Partiamo dal giudizio che sin dai primi commenti ha tenuto banco. È una crisi in cui, come nei precedenti analoghi, la politica è stata commissariata. Nel discorso di investitura Draghi si è detto in disaccordo con chi ha affermato che questa crisi segna il fallimento della politica: ma nulla ha potuto dire sul fatto che la politica sia stata commissariata: resta ora da chiarire che cosa questo significhi.
– La politica è stata commissariata. Da chi?

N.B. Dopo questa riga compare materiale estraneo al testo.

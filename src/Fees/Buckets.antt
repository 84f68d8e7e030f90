-- ===== src/Fees/Buckets.antt =====
-- `FeeCalculator.calculate_bucket_allocations`: entries are grouped by their normalized key, the fee
-- of a group is computed once, and it is shared out by cumulative volume.
pub mod Grouping
pub mod Shares
pub mod Writes
pub mod Conservation
mod Tests
use sim_trade.Prelude.{
  ℕ, zero, suc, ◌+◌, ◌*◌, ◌^◌, Bool, true, false, ◌&&◌, Option, none, some, List, [], ◌∷◌, ◌++◌,
  get_elem?, set, map, if◌then◌else◌,
}
use sim_trade.Prelude.Int.{ℤ, pos, pos_part, ◌+ℤ◌, ◌-ℤ◌, ◌*ℤ◌, leb_ℤ, eqb_ℤ}
use sim_trade.Errors.{
  Result, ok, err, ◌>>=◌, ◌>>◌, raise_if, invalid_fee_volume, unsupported_commission_type,
}
use sim_trade.Enums.{OffsetFlag, CommissionType, same_offset, same_commission}
use sim_trade.Money.{Decimal, Money, proportion, same_decimal}
use sim_trade.Fees.Snapshot.{calculate_from_snapshot}

-- The grouping key. An entry has the type's text, which may name no member.
pub record FeeBucketKey (T : Type 0) : Type 0 where
  pub resolved_offset_flag : OffsetFlag
  pub commission_type : T
  pub commission_parameter : Decimal
  pub commission_contract_multiplier : Decimal

pub record FeeBucketEntry : Type 0 where
  pub key : FeeBucketKey (Option CommissionType)
  pub volume : ℤ

abbrev pub NormalizedKey : Type 0
NormalizedKey = FeeBucketKey CommissionType

-- Two `Decimal`s are equal, and hash alike, by value.
-- So the equality of the frozen dataclass, by which the dict finds a bucket.
unfoldable pub same_key : NormalizedKey → NormalizedKey → Bool
same_key a b =
    same_offset a.resolved_offset_flag b.resolved_offset_flag
    && (same_commission a.commission_type b.commission_type
        && (same_decimal a.commission_parameter b.commission_parameter
            && same_decimal a.commission_contract_multiplier b.commission_contract_multiplier))

-- An item of `grouped_indices`.
abbrev pub Bucket : Type 0
Bucket = NormalizedKey × List ℕ

-- `grouped_indices.setdefault(normalized_key, []).append(index)`
unfoldable pub add_index : NormalizedKey → ℕ → List Bucket → List Bucket
add_index k i [] = (k, i ∷ []) ∷ []
add_index k i ((j, indices) ∷ rest) =
    if same_key j k then (j, indices ++ i ∷ []) ∷ rest else (j, indices) ∷ add_index k i rest

normalize : FeeBucketKey (Option CommissionType) → Option CommissionType → Result NormalizedKey
normalize k none = err unsupported_commission_type
normalize k (some t) = ok (record {
  resolved_offset_flag = k.resolved_offset_flag;
  commission_type = t;
  commission_parameter = k.commission_parameter;
  commission_contract_multiplier = k.commission_contract_multiplier;
})

-- The first loop, from `index` on.
pub group_entries : List FeeBucketEntry → ℕ → List Bucket → Result (List Bucket)
unfolding normalize
group_entries [] index grouped = ok grouped
group_entries (e ∷ rest) index grouped = do
  raise_if (leb_ℤ e.volume (pos 0)) invalid_fee_volume
  k ← normalize e.key e.key.commission_type
  group_entries rest (index + 1) (add_index k index grouped)

-- `entries[index].volume`; every index that is grouped is in range.
unfoldable pub volume_at : List FeeBucketEntry → ℕ → ℤ
volume_at entries i = elim (get_elem? entries i) [ none ↦ pos 0 | some e ↦ e.volume ]

unfoldable pub total_volume_of : List FeeBucketEntry → List ℕ → ℤ
total_volume_of entries [] = pos 0
total_volume_of entries (i ∷ rest) = volume_at entries i +ℤ total_volume_of entries rest

-- The shares of one bucket, by position: the last takes what is left.
unfoldable pub bucket_shares : List FeeBucketEntry → Money → ℤ → List ℕ → Money → ℤ → List Money
bucket_shares entries commission total [] allocated cumulative = []
bucket_shares entries commission total (i ∷ []) allocated cumulative =
    (commission -ℤ allocated) ∷ []
bucket_shares entries commission total (i ∷ j ∷ rest) allocated cumulative =
    let cumulative' = cumulative +ℤ volume_at entries i in
    let amount = proportion commission cumulative' total in
    (amount -ℤ allocated) ∷ bucket_shares entries commission total (j ∷ rest) amount cumulative'

-- `result[index] = share`, along the indices of a bucket
unfoldable pub write_shares : List ℕ → List Money → List Money → List Money
write_shares [] shares result = result
write_shares (i ∷ rest) [] result = result
write_shares (i ∷ rest) (s ∷ shares) result = write_shares rest shares (set result i s)

pub bucket_fee : Decimal → List FeeBucketEntry → Bucket → Result Money
bucket_fee price entries (k, indices) =
    calculate_from_snapshot price (total_volume_of entries indices) (some k.commission_type)
      k.commission_parameter k.commission_contract_multiplier

write_bucket : List FeeBucketEntry → List ℕ → Money → List Money → List Money
unfolding bucket_shares write_shares
write_bucket entries indices commission result =
    write_shares indices
      (bucket_shares entries commission (total_volume_of entries indices) indices (pos 0) (pos 0))
      result

-- The second loop, over the buckets.
pub allocate_buckets :
    Decimal → List FeeBucketEntry → List Bucket → List Money → Result (List Money)
unfolding bucket_fee write_bucket
allocate_buckets price entries [] result = ok result
allocate_buckets price entries (b ∷ rest) result = do
  commission ← bucket_fee price entries b
  allocate_buckets price entries rest (write_bucket entries b.1 commission result)

unfoldable pub calculate_bucket_allocations : Decimal → List FeeBucketEntry → Result (List Money)
unfolding group_entries allocate_buckets
calculate_bucket_allocations price entries = do
  grouped ← group_entries entries 0 []
  allocate_buckets price entries grouped (map (λ _. pos 0) entries)
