-- ===== src/Fees/Snapshot/Laws.antt =====
-- The fee of one snapshot.
use sim_trade.Prelude.{ℕ, ◌+◌, ◌*◌, ◌^◌, ◌≡◌, refl, some, arith, ◌↔◌}
use sim_trade.Prelude.Int.{
  ℤ, pos, ◌*ℤ◌, ◌≤ℤ◌, *ℤ_nonneg, nonneg_of_neg_part, ◌<ℤ◌, pos_part, neg_part,
}
use sim_trade.Errors.{ok}
use sim_trade.Enums.{CommissionType, by_volume, by_amount}
use sim_trade.Money.{Decimal, Money, quantize_money}
use sim_trade.Money.Rounding.{IsNearest, quantize_money-IsNearest, quantize_money_nonneg}
use sim_trade.Fees.Snapshot.{exact_fee, calculate_from_snapshot}

-- The arguments that the calculator accepts.
pub record IsAccepted (price : Decimal) (volume : ℤ) (parameter multiplier : Decimal) : Type 0 where
  pub price_pos : pos 0 <ℤ price.coefficient
  pub volume_pos : pos 0 <ℤ volume
  pub parameter_nonneg : pos 0 ≤ℤ parameter.coefficient
  pub multiplier_pos : pos 0 <ℤ multiplier.coefficient

-- A fee is computed exactly for the accepted arguments with a known commission type, and it is the
-- quantized product.
pub calculate_from_snapshot_iff :
    (price : Decimal) (volume : ℤ) (t : CommissionType) (parameter multiplier : Decimal)
    → (fee : Money)
    → (calculate_from_snapshot price volume (some t) parameter multiplier ≡ ok fee) ↔ (
        IsAccepted price volume parameter multiplier
        × (quantize_money (exact_fee price volume t parameter multiplier) ≡ fee))
unfolding calculate_from_snapshot
calculate_from_snapshot_iff price volume t parameter multiplier fee =
    (λ e. ground arith, λ a. ground arith)

-- The four factors as numbers: what the exact fee by amount is, and its decimal places.
module _ (price : Decimal) (volume : ℤ) (parameter multiplier : Decimal) where
  abbrev amount_product : ℕ
  amount_product =
      pos_part price.coefficient
      * pos_part volume
      * pos_part multiplier.coefficient
      * pos_part parameter.coefficient

  abbrev amount_places : ℕ
  amount_places = price.places + 0 + multiplier.places + parameter.places

  amount_coefficient :
      IsAccepted price volume parameter multiplier
      → let c = (exact_fee price volume by_amount parameter multiplier).coefficient in
        (pos_part c ≡ amount_product) × (neg_part c ≡ 0)
  unfolding exact_fee
  amount_coefficient a =
      let c1 = price.coefficient *ℤ volume in
      let c2 = c1 *ℤ multiplier.coefficient in
      let (p1, n1) = *ℤ_nonneg price.coefficient volume (omega arith) (omega arith) in
      let (p2, n2) = *ℤ_nonneg c1 multiplier.coefficient (omega arith) (omega arith) in
      let (p3, n3) = *ℤ_nonneg c2 parameter.coefficient (omega arith) a.parameter_nonneg in
      (rw (p3, p2, p1) refl, n3)

  -- An accepted fee by amount is not negative, and it is the exact product of price, volume,
  -- multiplier and rate to the nearest 0.000001, a tie going up.
  pub calculate_from_snapshot-IsNearest :
      (fee : Money)
      → calculate_from_snapshot price volume (some by_amount) parameter multiplier ≡ ok fee
      → (neg_part fee ≡ 0)
        × IsNearest (amount_product * 1000000) (10 ^ amount_places) (pos_part fee)
  unfolding exact_fee
  calculate_from_snapshot-IsNearest fee e =
      let (a, q) =
        (calculate_from_snapshot_iff price volume by_amount parameter multiplier fee).0 e in
      let v = exact_fee price volume by_amount parameter multiplier in
      let (cp, cn) = amount_coefficient a in
      let near = (quantize_money-IsNearest v).0 in
      (rw (← q) (quantize_money_nonneg v cn), rw (q, cp) at near)

volume_coefficient :
    (price : Decimal) (volume : ℤ) (parameter multiplier : Decimal)
    → IsAccepted price volume parameter multiplier
    → neg_part (exact_fee price volume by_volume parameter multiplier).coefficient ≡ 0
unfolding exact_fee
volume_coefficient price volume parameter multiplier a =
    (*ℤ_nonneg volume parameter.coefficient (omega arith) a.parameter_nonneg).1

exact_fee_nonneg :
    (price : Decimal) (volume : ℤ) (t : CommissionType) (parameter multiplier : Decimal)
    → IsAccepted price volume parameter multiplier
    → neg_part (exact_fee price volume t parameter multiplier).coefficient ≡ 0
exact_fee_nonneg price volume by_volume parameter multiplier a =
    volume_coefficient price volume parameter multiplier a
exact_fee_nonneg price volume by_amount parameter multiplier a =
    (amount_coefficient price volume parameter multiplier a).1

-- A fee that is computed is not negative.
pub calculate_from_snapshot_nonneg :
    (price : Decimal) (volume : ℤ) (t : CommissionType) (parameter multiplier : Decimal)
    → (fee : Money) → calculate_from_snapshot price volume (some t) parameter multiplier ≡ ok fee
    → pos 0 ≤ℤ fee
calculate_from_snapshot_nonneg price volume t parameter multiplier fee e =
    let (a, q) = (calculate_from_snapshot_iff price volume t parameter multiplier fee).0 e in
    nonneg_of_neg_part fee (
      rw (← q) (
        quantize_money_nonneg (exact_fee price volume t parameter multiplier)
          (exact_fee_nonneg price volume t parameter multiplier a)))
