-- ===== src/Fees/Buckets/Grouping.antt =====
-- What the grouping loop of the bucket allocation keeps: every index of an entry in one bucket.
use sim_trade.Prelude.{
  ℕ, suc, ◌+◌, ◌≡◌, inl, inr, Bool, ◌&&◌, ◌==◌, leb, ltb, List, [], ◌∷◌, ◌++◌, if◌then◌else◌,
  length, arith, Bool-cases, All,
}
use sim_trade.Prelude.Int.{pos, leb_ℤ, ◌<ℤ◌}
use sim_trade.Errors.{ok, raise_if, >>=-eq-ok, raise_if-eq-ok, ok-injective, invalid_fee_volume}
use sim_trade.Fees.Buckets.{
  FeeBucketEntry, NormalizedKey, Bucket, same_key, add_index, normalize, group_entries,
}

-- How often an index stands in a list, and in all buckets together.
abbrev pub occurs : ℕ → List ℕ → ℕ
occurs j [] = 0
occurs j (i ∷ rest) = (if j == i then 1 else 0) + occurs j rest

abbrev pub occurs_in : ℕ → List Bucket → ℕ
occurs_in j [] = 0
occurs_in j ((_, indices) ∷ rest) = occurs j indices + occurs_in j rest

occurs-append :
    (j i : ℕ) (xs : List ℕ) → occurs j (xs ++ i ∷ []) ≡ occurs j xs + (if j == i then 1 else 0)
occurs-append j i [] = omega arith
occurs-append j i (x ∷ xs) = omega (arith, occurs-append j i xs)

occurs_in-add_index :
    (j : ℕ) (k : NormalizedKey) (i : ℕ) (g : List Bucket)
    → occurs_in j (add_index k i g) ≡ occurs_in j g + (if j == i then 1 else 0)
unfolding add_index
occurs_in-add_index j k i [] = omega arith
occurs_in-add_index j k i ((k', is) ∷ g) = elim (Bool-cases (same_key k' k)) [
  | inl e ↦ rw e (omega (arith, occurs-append j i is))
  | inr e ↦ rw e (omega (arith, occurs_in-add_index j k i g))
]

-- The index `j` is one of `n` indices from `i` on.
abbrev pub in_range : ℕ → ℕ → ℕ → Bool
in_range j i n = leb i j && ltb j (i + n)

in_range_step :
    (j i n : ℕ)
    → (if j == i then 1 else 0) + (if in_range j (i + 1) n then 1 else 0)
      ≡ (if in_range j i (suc n) then 1 else 0)
in_range_step j i n = ground arith

-- An entry that passes the loop's tests.
abbrev pub HasVolume : FeeBucketEntry → Type 0
HasVolume e = pos 0 <ℤ e.volume

group_entries_step :
    (e : FeeBucketEntry) (rest : List FeeBucketEntry) (i : ℕ) (g g' : List Bucket)
    → group_entries (e ∷ rest) i g ≡ ok g'
    → HasVolume e × ((k : NormalizedKey) × (group_entries rest (i + 1) (add_index k i g) ≡ ok g'))
unfolding group_entries
group_entries_step e rest i g g' h =
    let (_, tested, h1) = >>=-eq-ok (raise_if (leb_ℤ e.volume (pos 0)) invalid_fee_volume) _ h in
    let (k, _, h2) = >>=-eq-ok (normalize e.key e.key.commission_type) _ h1 in
    let passed = raise_if-eq-ok (leb_ℤ e.volume (pos 0)) invalid_fee_volume tested in
    (ground arith, (k, h2))

occurs_in_done :
    (j i : ℕ) (g g' : List Bucket)
    → group_entries [] i g ≡ ok g'
    → occurs_in j g' ≡ occurs_in j g + (if in_range j i 0 then 1 else 0)
unfolding group_entries
occurs_in_done j i g g' h = let same = ok-injective h in rw (← same) (ground arith)

-- Grouping puts each index of the entries into the buckets once more, and no other.
pub group_entries-occurs :
    (j : ℕ) (es : List FeeBucketEntry) (i : ℕ) (g g' : List Bucket)
    → group_entries es i g ≡ ok g'
    → occurs_in j g' ≡ occurs_in j g + (if in_range j i (length es) then 1 else 0)
group_entries-occurs j [] i g g' h = occurs_in_done j i g g' h
group_entries-occurs j (e ∷ es) i g g' h =
    let (_, (k, h')) = group_entries_step e es i g g' h in
    omega (
      arith,
      group_entries-occurs j es (i + 1) (add_index k i g) g' h',
      occurs_in-add_index j k i g,
      in_range_step j i (length es),
    )

abbrev pub HasIndices : Bucket → Type 0
HasIndices (_, []) = ⊥
HasIndices (_, _ ∷ _) = Unit

HasIndices-append : (k : NormalizedKey) (is : List ℕ) (i : ℕ) → HasIndices (k, is ++ i ∷ [])
HasIndices-append k [] i = tt
HasIndices-append k (x ∷ is) i = tt

add_index-HasIndices :
    (k : NormalizedKey) (i : ℕ) (g : List Bucket)
    → All HasIndices g
    → All HasIndices (add_index k i g)
unfolding add_index
add_index-HasIndices k i [] h = (tt, tt)
add_index-HasIndices k i ((k', is) ∷ g) h = elim (Bool-cases (same_key k' k)) [
  | inl e ↦ rw e (HasIndices-append k' is i, h.1)
  | inr e ↦ rw e (h.0, add_index-HasIndices k i g h.1)
]

group_entries_done :
    (i : ℕ) (g g' : List Bucket)
    → All HasIndices g
    → group_entries [] i g ≡ ok g'
    → All HasIndices g'
unfolding group_entries
group_entries_done i g g' a h = rw (← ok-injective h) a

-- No bucket is empty.
pub group_entries-HasIndices :
    (es : List FeeBucketEntry) (i : ℕ) (g g' : List Bucket)
    → All HasIndices g
    → group_entries es i g ≡ ok g'
    → All HasIndices g'
group_entries-HasIndices [] i g g' a h = group_entries_done i g g' a h
group_entries-HasIndices (e ∷ es) i g g' a h =
    let (_, (k, h')) = group_entries_step e es i g g' h in
    group_entries-HasIndices es (i + 1) (add_index k i g) g' (add_index-HasIndices k i g a) h'

-- Every entry that is grouped has a positive volume.
pub group_entries-HasVolume :
    (es : List FeeBucketEntry) (i : ℕ) (g g' : List Bucket)
    → group_entries es i g ≡ ok g'
    → All HasVolume es
group_entries-HasVolume [] i g g' h = tt
group_entries-HasVolume (e ∷ es) i g g' h =
    let (positive, (k, h')) = group_entries_step e es i g g' h in
    (positive, group_entries-HasVolume es (i + 1) (add_index k i g) g' h')
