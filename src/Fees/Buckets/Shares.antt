-- ===== src/Fees/Buckets/Shares.antt =====
-- The shares of one bucket: they add up to the bucket's fee, and none is negative.
use sim_trade.Prelude.{ℕ, zero, suc, ◌≡◌, refl, ap, List, [], ◌∷◌, length, arith, All}
use sim_trade.Prelude.Int.{
  ℤ, pos, pos_part, neg_part, ◌+ℤ◌, ◌-ℤ◌, ◌≤ℤ◌, ◌<ℤ◌, eq_of_parts, int_laws,
}
use sim_trade.Money.{Money, proportion}
use sim_trade.Money.Proportion.{proportion_mono, proportion_whole, proportion_nonneg}
use sim_trade.Fees.Buckets.{FeeBucketEntry, volume_at, total_volume_of, bucket_shares}
use sim_trade.Fees.Buckets.Grouping.{HasVolume}

abbrev pub sum_money : List Money → Money
sum_money [] = pos 0
sum_money (m ∷ rest) = m +ℤ sum_money rest

le_of_pos : (a : ℤ) → pos 0 <ℤ a → pos 0 ≤ℤ a
le_of_pos a h = omega arith

module _ (entries : List FeeBucketEntry) (commission : Money) (total : ℤ) where
  pub length-bucket_shares :
      (is : List ℕ) (allocated : Money) (cumulative : ℤ)
      → length (bucket_shares entries commission total is allocated cumulative) ≡ length is
  unfolding bucket_shares
  length-bucket_shares [] a c = refl
  length-bucket_shares (i ∷ []) a c = refl
  length-bucket_shares (i ∷ j ∷ is) a c =
      let c' = c +ℤ volume_at entries i in
      ap suc (length-bucket_shares (j ∷ is) (proportion commission c' total) c')

  -- The last share takes what is left of the fee, so nothing is lost or made by rounding.
  pub sum_money-bucket_shares :
      (i : ℕ) (is : List ℕ) (allocated : Money) (cumulative : ℤ)
      → sum_money (bucket_shares entries commission total (i ∷ is) allocated cumulative)
        ≡ commission -ℤ allocated
  unfolding bucket_shares
  sum_money-bucket_shares i [] a c = omega int_laws
  sum_money-bucket_shares i (j ∷ is) a c =
      let c' = c +ℤ volume_at entries i in
      rw (sum_money-bucket_shares j is (proportion commission c' total) c') (omega int_laws)

volume_at_nonneg :
    (entries : List FeeBucketEntry) (i : ℕ) → All HasVolume entries → pos 0 ≤ℤ volume_at entries i
unfolding volume_at
volume_at_nonneg [] i h = omega arith
volume_at_nonneg (e ∷ es) zero h = le_of_pos e.volume h.0
volume_at_nonneg (e ∷ es) (suc i) h = volume_at_nonneg es i h.1

total_volume_of_nonneg :
    (entries : List FeeBucketEntry) (is : List ℕ)
    → All HasVolume entries
    → pos 0 ≤ℤ total_volume_of entries is
unfolding total_volume_of
total_volume_of_nonneg entries [] h = omega arith
total_volume_of_nonneg entries (i ∷ is) h =
    omega (int_laws, volume_at_nonneg entries i h, total_volume_of_nonneg entries is h)

module _ (entries : List FeeBucketEntry) (commission : Money) (total : ℤ) where
  shares_nonneg :
      All HasVolume entries
      → pos 0 ≤ℤ commission
      → pos 0 <ℤ total
      → (is : List ℕ) (allocated : Money) (cumulative : ℤ) → pos 0 ≤ℤ cumulative
      → allocated ≤ℤ proportion commission cumulative total
      → cumulative +ℤ total_volume_of entries is ≡ total
      → All (λ m. pos 0 ≤ℤ m) (bucket_shares entries commission total is allocated cumulative)
  unfolding bucket_shares total_volume_of
  shares_nonneg hv hc ht [] a c h0 ha e = tt
  shares_nonneg hv hc ht (i ∷ []) a c h0 ha e = (
    omega (
      int_laws,
      volume_at_nonneg entries i hv,
      proportion_mono commission total c total hc h0
          (omega (int_laws, volume_at_nonneg entries i hv, ap pos_part e, ap neg_part e)) ht,
      ap pos_part (proportion_whole commission total hc ht),
      ap neg_part (proportion_whole commission total hc ht),
    ),
    tt,
  )
  shares_nonneg hv hc ht (i ∷ j ∷ is) a c h0 ha e =
      let v = volume_at_nonneg entries i hv in
      let c' = c +ℤ volume_at entries i in
      let w = total_volume_of_nonneg entries (j ∷ is) hv in
      (
        omega (int_laws, v, proportion_mono commission total c c' hc h0 (omega (int_laws, v)) ht),
        shares_nonneg hv hc ht (j ∷ is) (proportion commission c' total) c' (omega (int_laws, v))
            (omega arith) (eq_of_parts _ _ (omega (int_laws, ap pos_part e, ap neg_part e))),
      )

-- The shares of a whole bucket with a fee that is not negative are not negative.
pub bucket_shares_nonneg :
    (entries : List FeeBucketEntry) (commission : Money) (is : List ℕ)
    → All HasVolume entries
    → pos 0 ≤ℤ commission
    → pos 0 <ℤ total_volume_of entries is
    → All
        (λ m. pos 0 ≤ℤ m)
        (bucket_shares entries commission (total_volume_of entries is) is (pos 0) (pos 0))
bucket_shares_nonneg entries commission is hv hc ht =
    shares_nonneg entries commission (total_volume_of entries is) hv hc ht is (pos 0) (pos 0)
      (omega arith)
      (proportion_nonneg commission (pos 0) (total_volume_of entries is) hc (omega arith) ht)
      (eq_of_parts _ _ (omega int_laws))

Rispondere “dai poteri forti” non significa nulla se non si chiarisce a chi ci si riferisce. Se si intende l’aggregato di padroni del vapore in declino verticale da qualche lustro, aggrappati alla proprietà semi-monopolistica dell’informazione e ai servigi di politici privi di statura politica, creati a tavolino, si è fuori strada.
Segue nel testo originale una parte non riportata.